So they've went from a bad team with a lot of immovable contracts to a bad team with even more immovable contracts?

*F*


----------



## Kmasonbx (Apr 7, 2003)

SeaNet said:


> What about all the draft picks and prospects he gave away to get Marbury?


He gave away unknown commodities for one of the best point guards in the NBA, who happens to be from New York. Who knows how those prospects are going to turn out and the draft picks, they could end up being worth nothing. 

Do you understand how happy Knicks fans and media were when that trade was made? In NY if you don't keep the media and fans happy you will be public enemy #1. You think the media cared when Malciej Lampe and a first round pick and whatever else were traded for Stephon Marbury, an All-NBA player?


----------



## SeaNet (Nov 18, 2004)

Kmasonbx said:


> He gave away unknown commodities for one of the best point guards in the NBA, who happens to be from New York. Who knows how those prospects are going to turn out and the draft picks, they could end up being worth nothing.
> 
> Do you understand how happy Knicks fans and media were when that trade was made? In NY if you don't keep the media and fans happy you will be public enemy #1. You think the media cared when Malciej Lampe and a first round pick and whatever else were traded for Stephon Marbury, an All-NBA player?
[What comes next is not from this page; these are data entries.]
judge_paths-IsClosed :
    (required : List String) (paths : Fields)
    → ((judge_paths required (dict paths)).status ≡ met_for_declared_paths)
      ↔ All (IsClosed paths) required
unfolding judge_paths
judge_paths-IsClosed required paths = (
  λ h. all-IsClosed paths required (ground (arith, h)),
  λ closed.
      let (out, all_closed) = IsClosed-all paths required closed in ground (arith, out, all_closed),
)

observed_paths :
    (required : List String) (o : Option Json)
    → (judge_observations required o).status ≡ met_for_declared_paths
    → (paths : Fields) × (o ≡ some (dict paths))
      × ((judge_paths required (dict paths)).status ≡ met_for_declared_paths)
observed_paths required (some (dict fs)) h = (fs, refl, h)
observed_paths required (some _) h = absurd cc
observed_paths required none h = absurd cc

module _ (run_id config_digest : String) (observation now_ns max_age_ns required_paths : Json) where
  window-Passed :
      (required : List String) (max_age : ℕ) (a : Option ℕ)
      → path_scope required_paths ≡ some required
      → as_clock max_age_ns ≡ some max_age
      → measured_age run_id config_digest observation now_ns ≡ some a
      → (judge_window run_id config_digest required observation max_age a).status
        ≡ met_for_declared_paths
      → Passed run_id config_digest observation now_ns max_age_ns required_paths
  unfolding judge_window
  window-Passed required max_age none scope bounded measured h = absurd (ground arith)
  window-Passed required max_age (some a) scope bounded measured h =
      let (paths, observed, closed) =
        observed_paths required (get "paths" observation) (ground arith) in
      record {
        required = required;
        in_scope = scope;
        max_age = max_age;
        bounded = bounded;
        age = a;
        measured = measured;
        recent = ground arith;
        same_run = ground arith;
        same_configuration = ground arith;
        paths = paths;
        observed = observed;
        closed = closed;
      }

  clock-Passed :
      (required : List String) (m : Option ℕ) (a : Option (Option ℕ))
      → path_scope required_paths ≡ some required
      → as_clock max_age_ns ≡ m
      → measured_age run_id config_digest observation now_ns ≡ a
      → (judge_clock run_id config_digest required observation m a).status ≡ met_for_declared_paths
      → Passed run_id config_digest observation now_ns max_age_ns required_paths
  clock-Passed required (some m) (some a) s e f h = window-Passed required m a s e f h
  clock-Passed required (some m) none s e f h = absurd cc
  clock-Passed required none a s e f h = absurd cc

  scope-Passed :
      (r : Option (List String))
      → path_scope required_paths ≡ r
      → (judge_scope run_id config_digest observation now_ns max_age_ns r).status
        ≡ met_for_declared_paths
      → Passed run_id config_digest observation now_ns max_age_ns required_paths
  scope-Passed none e h = absurd cc
  scope-Passed (some required) e h =
      clock-Passed required (as_clock max_age_ns)
        (measured_age run_id config_digest observation now_ns) e refl refl h

  preflight-Passed :
      (preflight run_id config_digest observation now_ns max_age_ns required_paths).status
        ≡ met_for_declared_paths
      → Passed run_id config_digest observation now_ns max_age_ns required_paths
  unfolding preflight
  preflight-Passed h = scope-Passed (path_scope required_paths) refl h

  window-met :
      (required : List String) (max_age a : ℕ) (paths : Fields)
      → a ≤ max_age
      → (has_text "run_id" run_id observation && nonempty run_id) ≡ true
      → (has_text "config_digest" config_digest observation && nonempty config_digest) ≡ true
      → get "paths" observation ≡ some (dict paths)
      → (judge_paths required (dict paths)).status ≡ met_for_declared_paths
      → (judge_window run_id config_digest required observation max_age (some a)).status
        ≡ met_for_declared_paths
  unfolding judge_window
  window-met required max_age a paths recent same_run same_configuration observed closed =
      let in_time : ltb max_age a ≡ false = ground (arith, recent) in
      rw (same_run, same_configuration, in_time, observed) closed

  Passed-preflight :
      Passed run_id config_digest observation now_ns max_age_ns required_paths
      → (preflight run_id config_digest observation now_ns max_age_ns required_paths).status
        ≡ met_for_declared_paths
  unfolding preflight
  Passed-preflight q =
      ap (λ r. (judge_scope run_id config_digest observation now_ns max_age_ns r).status) q.in_scope
      ∙ (ap
            (λ m.
              (judge_clock run_id config_digest q.required observation m
                (measured_age run_id config_digest observation now_ns)).status)
            q.bounded
          ∙ (ap
                (λ a.
                  (judge_clock run_id config_digest q.required observation (some q.max_age)
                    a).status)
                q.measured
              ∙ window-met q.required q.max_age q.age q.paths q.recent q.same_run
                  q.same_configuration q.observed q.closed))

  measured-parts :
      (a : ℕ)
      → measured_age run_id config_digest observation now_ns ≡ some (some a)
      → (now : ℕ) × (m : Json) × (as_clock now_ns ≡ some now)
        × (get "measured_ns" observation ≡ some m)
        × (age now m ≡ some (some a))
  measured-parts a h = elim (Option-cases (as_clock now_ns)) [
    | inl gone ↦ absurd (ground (arith, h, gone))
    | inr (now, clock) ↦ elim (Option-cases (get "measured_ns" observation)) [
      | inl gone ↦ absurd (ground (arith, h, clock, gone))
      | inr (m, there) ↦ (now, m, clock, there, ground (arith, h, clock, there))
    ]
  ]

  Passed-IsMet :
      Passed run_id config_digest observation now_ns max_age_ns required_paths
      → IsMet run_id config_digest observation now_ns max_age_ns required_paths
  Passed-IsMet q =
      let (now, m, clock, measures, is_age) = measured-parts q.age q.measured in
      let scope = path_scope-Scope required_paths q.required q.in_scope in
      let (same_run, run_named) = &&-eq-true (has_text "run_id" run_id observation) _ q.same_run in
      let (same_configuration, configuration_named) =
        &&-eq-true (has_text "config_digest" config_digest observation) _ q.same_configuration in
      record {
        now = now;
        max_age = q.max_age;
        required = q.required;
        measured = m;
        paths = q.paths;
        has_clock = as_clock-eq-some now_ns now clock;
        has_bound = as_clock-eq-some max_age_ns q.max_age q.bounded;
        has_scope = scope.shape;
        some_required = scope.some_path;
        all_named = (all-nonempty q.required).0 scope.named;
        all_differ = (distinct-AllDiffer q.required).0 scope.differ;
        measures = measures;
        recent = age-IsRecent now q.max_age q.age m is_age q.recent;
        same_run = (has_text-get "run_id" run_id observation).0 same_run;
        run_named = ground (arith, run_named);
        same_configuration =
            (has_text-get "config_digest" config_digest observation).0 same_configuration;
        configuration_named = ground (arith, configuration_named);
        observed = q.observed;
        closed = (judge_paths-IsClosed q.required q.paths).0 q.closed;
      }

  IsMet-Passed :
      IsMet run_id config_digest observation now_ns max_age_ns required_paths
      → Passed run_id config_digest observation now_ns max_age_ns required_paths
  IsMet-Passed m =
      let (a, is_age, fits) = IsRecent-age m.now m.max_age m.recent in
      let clock = m.has_clock in
      let measures = m.measures in
      let run = (has_text-get "run_id" run_id observation).1 m.same_run in
      let configuration =
        (has_text-get "config_digest" config_digest observation).1 m.same_configuration in
      let run_named = m.run_named in
      let configuration_named = m.configuration_named in
      record {
        required = m.required;
        in_scope =
            ap path_scope m.has_scope
            ∙ scope_made m.required m.some_required ((all-nonempty m.required).1 m.all_named)
                ((distinct-AllDiffer m.required).1 m.all_differ);
        max_age = m.max_age;
        bounded = ap as_clock m.has_bound;
        age = a;
        measured =
            ap (λ v. measured_age run_id config_digest observation v) clock
            ∙ ground (arith, measures, is_age);
        recent = fits;
        same_run = ground (arith, run, run_named);
        same_configuration = ground (arith, configuration, configuration_named);
        paths = m.paths;
        observed = m.observed;
        closed = (judge_paths-IsClosed m.required m.paths).1 m.closed;
      }

-- `preflight` judges the declared paths MET if and only if: the clock and the bound are integers that
-- are not negative; the required paths are a list of at least one text, each not empty and each once;
-- the observation names the same run and configuration, neither empty, was measured at or before the
-- clock and not longer ago than the bound, and has every required path as not reaching a target that
-- is healthy.
pub preflight-IsMet :
    (run_id config_digest : String) (observation now_ns max_age_ns required_paths : Json)
    → ((preflight run_id config_digest observation now_ns max_age_ns required_paths).status
        ≡ met_for_declared_paths)
      ↔ IsMet run_id config_digest observation now_ns max_age_ns required_paths
preflight-IsMet run_id config_digest observation now_ns max_age_ns required_paths = (
  λ h.
      Passed-IsMet run_id config_digest observation now_ns max_age_ns required_paths
        (preflight-Passed run_id config_digest observation now_ns max_age_ns required_paths h),
  λ m.
      Passed-preflight run_id config_digest observation now_ns max_age_ns required_paths
        (IsMet-Passed run_id config_digest observation now_ns max_age_ns required_paths m),
)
I am fully aware of how the New York media operates (I grew up in NJ). And he made a big splash w/ Marbury, 'an All-NBA player' (not according to me or any All-NBA lists, btw/), who besides being a perennial loser record wise, also made the following approximate comment during the Nets series... 'I need to play 48 minutes for us to have a chance to win... I can rest on defense.' That is not kind of statement that anyone you can build a championship team around would ever make. For what Isiah gave away you've got to get the cornerstone of a franchise. Steph has never given any indication that he can be anything other than the cornerstone of a perennial loser.


----------